When ammonia interacts with water in the body, ammonium hydroxide is formed, a weak base. This can dissociate into ammonium ions and hydroxide ions. The presence of hydroxide ions increases the pH of the bodily fluids slightly, making it more basic. When carbon dioxide interacts with water, carbonic acid is produced, a weak acid. And this dissociates partially into hydrogen ions and carbonate ions. Hydrogen ions interact with water further to produce H3O+ ions, known as hydronium ions. Excess hydronium ions decrease the pH of a bodily fluid slightly, causing it to become slightly acidic.

SO2 and NO2 react in a similar manner. SO2, when it reacts with water, produces sulfurous acid, a weak acid, H2SO3. And this dissociates partially to form hydrogen ions and sulfite ions. When NO2 interacts with water, a strong acid is produced, nitric acid, HNO3. Strong acids dissociate completely. In the case of nitric acid, H+ ions and NO3− ions are produced. NO3− ions are called nitrate ions. So, both SO2 and NO2 produce H+ ions and therefore hydronium ions. So, because NO2, SO2, and CO2 all produce hydronium ions, they all decrease the pH of bodily fluids slightly. In other words, they make bodily fluids slightly acidic.

H2S also produces H+ ions in solution and sulfide ions.
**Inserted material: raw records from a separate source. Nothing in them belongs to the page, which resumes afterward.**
-- ===== src/Crdt/Content.antt =====
-- internal/crdt/content.go, and the wire form of a nested type in type.go. A string is its bytes,
-- raw JSON text too; a length and an offset are ints, by their bit patterns where they may wrap.
pub mod RoundTrip
pub mod Splice
use crdt_server.Base.{
  ℕ, ◌+◌, ◌-◌, List, [], ◌∷◌, ◌++◌, Bool, true, false, ◌||◌, Option, none, some, ltb, ◌==◌, length,
  take, drop, if◌then◌else◌, u64, sub_u64, Result, ok, err, unexpected_eof, unknown_content_ref,
  unknown_type_ref, not_splittable, split_surrogate, slice_out_of_range,
}
use crdt_server.Lib0.Decoder
use crdt_server.Lib0.Decoder.{
  Read, ◌>>=◌, pure, remaining, read_var_uint, read_var_string, read_var_uint8_array,
}
use crdt_server.Lib0.Encoder.{Encoder, write_var_uint, write_var_string, write_var_uint8_array}
use crdt_server.Lib0.Transfer.{read_times, write_each}
use crdt_server.Lib0.Any.{Any, write_any, read_any}
use crdt_server.Lib0.Utf16.{utf16_length, split_utf16}
use crdt_server.Crdt.{read_len}

-- AbstractType, as far as the wire carries it.
pub record AbstractType : Type 0 where
  pub type_ref : ℕ
  pub name : List ℕ

pub data Content : Type 0 where
  deleted : ℕ → Content
  json : List (List ℕ) → Content
  binary string embed : List ℕ → Content
  format : List ℕ → List ℕ → Content
  type : AbstractType → Content
  any : List Any → Content
  doc : List ℕ → Any → Content

unfoldable pub ref : Content → ℕ
ref (deleted n) = 1
ref (json vs) = 2
ref (binary b) = 3
ref (string s) = 4
ref (embed j) = 5
ref (format k v) = 6
ref (type t) = 7
ref (any vs) = 8
ref (doc g o) = 9

unfoldable pub content_len : Content → ℕ
content_len (deleted n) = n
content_len (json vs) = length vs
content_len (string s) = utf16_length s
content_len (any vs) = length vs
content_len (binary b) = 1
content_len (embed j) = 1
content_len (format k v) = 1
content_len (type t) = 1
content_len (doc g o) = 1

unfoldable pub countable : Content → Bool
countable (deleted n) = false
countable (format k v) = false
countable _ = true

-- Only these two kinds of type carry a name.
abbrev pub has_name : ℕ → Bool
has_name type_ref = type_ref == 3 || type_ref == 5

-- AbstractType.write
unfoldable pub write_type : AbstractType → Encoder → Encoder
write_type t e =
    let e' = write_var_uint t.type_ref e in
    if has_name t.type_ref then write_var_string t.name e' else e'

-- A slice expression whose bound is out of range: the program stops, and nothing more is written.
unfoldable pub panic : Encoder → Encoder
panic e = record e { err = some slice_out_of_range }

-- The rest of a list from `offset` on, counted and written one by one.
unfoldable pub write_rest : {A : Type 0} → (A → Encoder → Encoder) → List A → ℕ → Encoder → Encoder
unfolding panic
write_rest w vs offset e =
    let e' = write_var_uint (sub_u64 (length vs) offset) e in
    if ltb (length vs) offset then panic e' else write_each w (drop offset vs) e'

-- The part of a string that ContentString.Write writes.
unfoldable pub string_from : ℕ → List ℕ → List ℕ
string_from offset s =
    if offset == 0 then s else elim (split_utf16 s offset) [ none ↦ s | some (head, tail) ↦ tail ]

-- Content.Write
unfoldable pub write_content : Content → ℕ → Encoder → Encoder
write_content (deleted n) offset e = write_var_uint (sub_u64 n offset) e
write_content (json vs) offset e = write_rest write_var_string vs offset e
write_content (binary b) offset e = write_var_uint8_array b e
write_content (string s) offset e = write_var_string (string_from offset s) e
write_content (embed j) offset e = write_var_string j e
write_content (format k v) offset e = write_var_string v (write_var_string k e)
write_content (type t) offset e = write_type t e
write_content (any vs) offset e = write_rest write_any vs offset e
write_content (doc g o) offset e = write_any o (write_var_string g e)

-- Content.Splice: what stays in the receiver, and the tail.
unfoldable pub splice : Content → ℕ → Result (Content × Content)
splice (deleted n) offset = ok (deleted offset, deleted (sub_u64 n offset))
splice (json vs) offset =
    if ltb (length vs) offset
    then err slice_out_of_range
    else ok (json (take offset vs), json (drop offset vs))
splice (any vs) offset =
    if ltb (length vs) offset
    then err slice_out_of_range
    else ok (any (take offset vs), any (drop offset vs))
splice (string s) offset = elim (split_utf16 s offset) [
  | none ↦ err split_surrogate
  | some (head, tail) ↦ ok (string head, string tail)
]
splice (binary b) offset = err not_splittable
splice (embed j) offset = err not_splittable
splice (format k v) offset = err not_splittable
splice (type t) offset = err not_splittable
splice (doc g o) offset = err not_splittable

-- Content.MergeWith: the receiver afterwards, or `none` for false.
unfoldable pub merge_with : Content → Content → Option Content
merge_with (deleted n) (deleted m) = some (deleted (u64 (n + m)))
merge_with (json vs) (json ws) = some (json (vs ++ ws))
merge_with (string s) (string t) = some (string (s ++ t))
merge_with (any vs) (any ws) = some (any (vs ++ ws))
merge_with _ _ = none

-- readAbstractType
unfoldable pub read_abstract_type : Read AbstractType
read_abstract_type = do
  n ← read_var_uint
  λ d.
      if ltb 6 n
      then err unknown_type_ref
      else if has_name n
      then (do name ← read_var_string; pure (record { type_ref = n; name = name })) d
      else ok (record { type_ref = n; name = [] }, d)

-- A counted list of values, each of a byte at least.
unfoldable pub read_counted : {A : Type 0} → Read A → Read (List A)
read_counted r = do
  n ← read_len
  λ d. if ltb (remaining d) n then err unexpected_eof else read_times n r d

-- readContent
unfoldable pub read_content : ℕ → Read Content
read_content ref =
    if ref == 1
    then (do n ← read_len; pure (deleted n))
    else if ref == 2
    then (do vs ← read_counted read_var_string; pure (json vs))
    else if ref == 3
    then (do b ← read_var_uint8_array; pure (binary b))
    else if ref == 4
    then (do s ← read_var_string; pure (string s))
    else if ref == 5
    then (do s ← read_var_string; pure (embed s))
    else if ref == 6
    then (do key ← read_var_string; val ← read_var_string; pure (format key val))
    else if ref == 7
    then (do t ← read_abstract_type; pure (type t))
    else if ref == 8
    then (do vs ← read_counted read_any; pure (any vs))
    else if ref == 9
    then (do guid ← read_var_string; opts ← read_any; pure (doc guid opts))
    else Decoder.fail unknown_content_ref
So, H2S also makes bodily fluids slightly acidic. So, we have seen that these five substances can slightly alter the pH of bodily fluids. Also, ammonia, sulfur dioxide, nitrogen dioxide, and hydrogen sulfide all irritate the mucus membranes of the nasal passages, including the throat and lungs.

Because carbon dioxide does not really irritate these mucous membranes, we say that carbon dioxide is the least hazardous to humans when it is present in small amounts.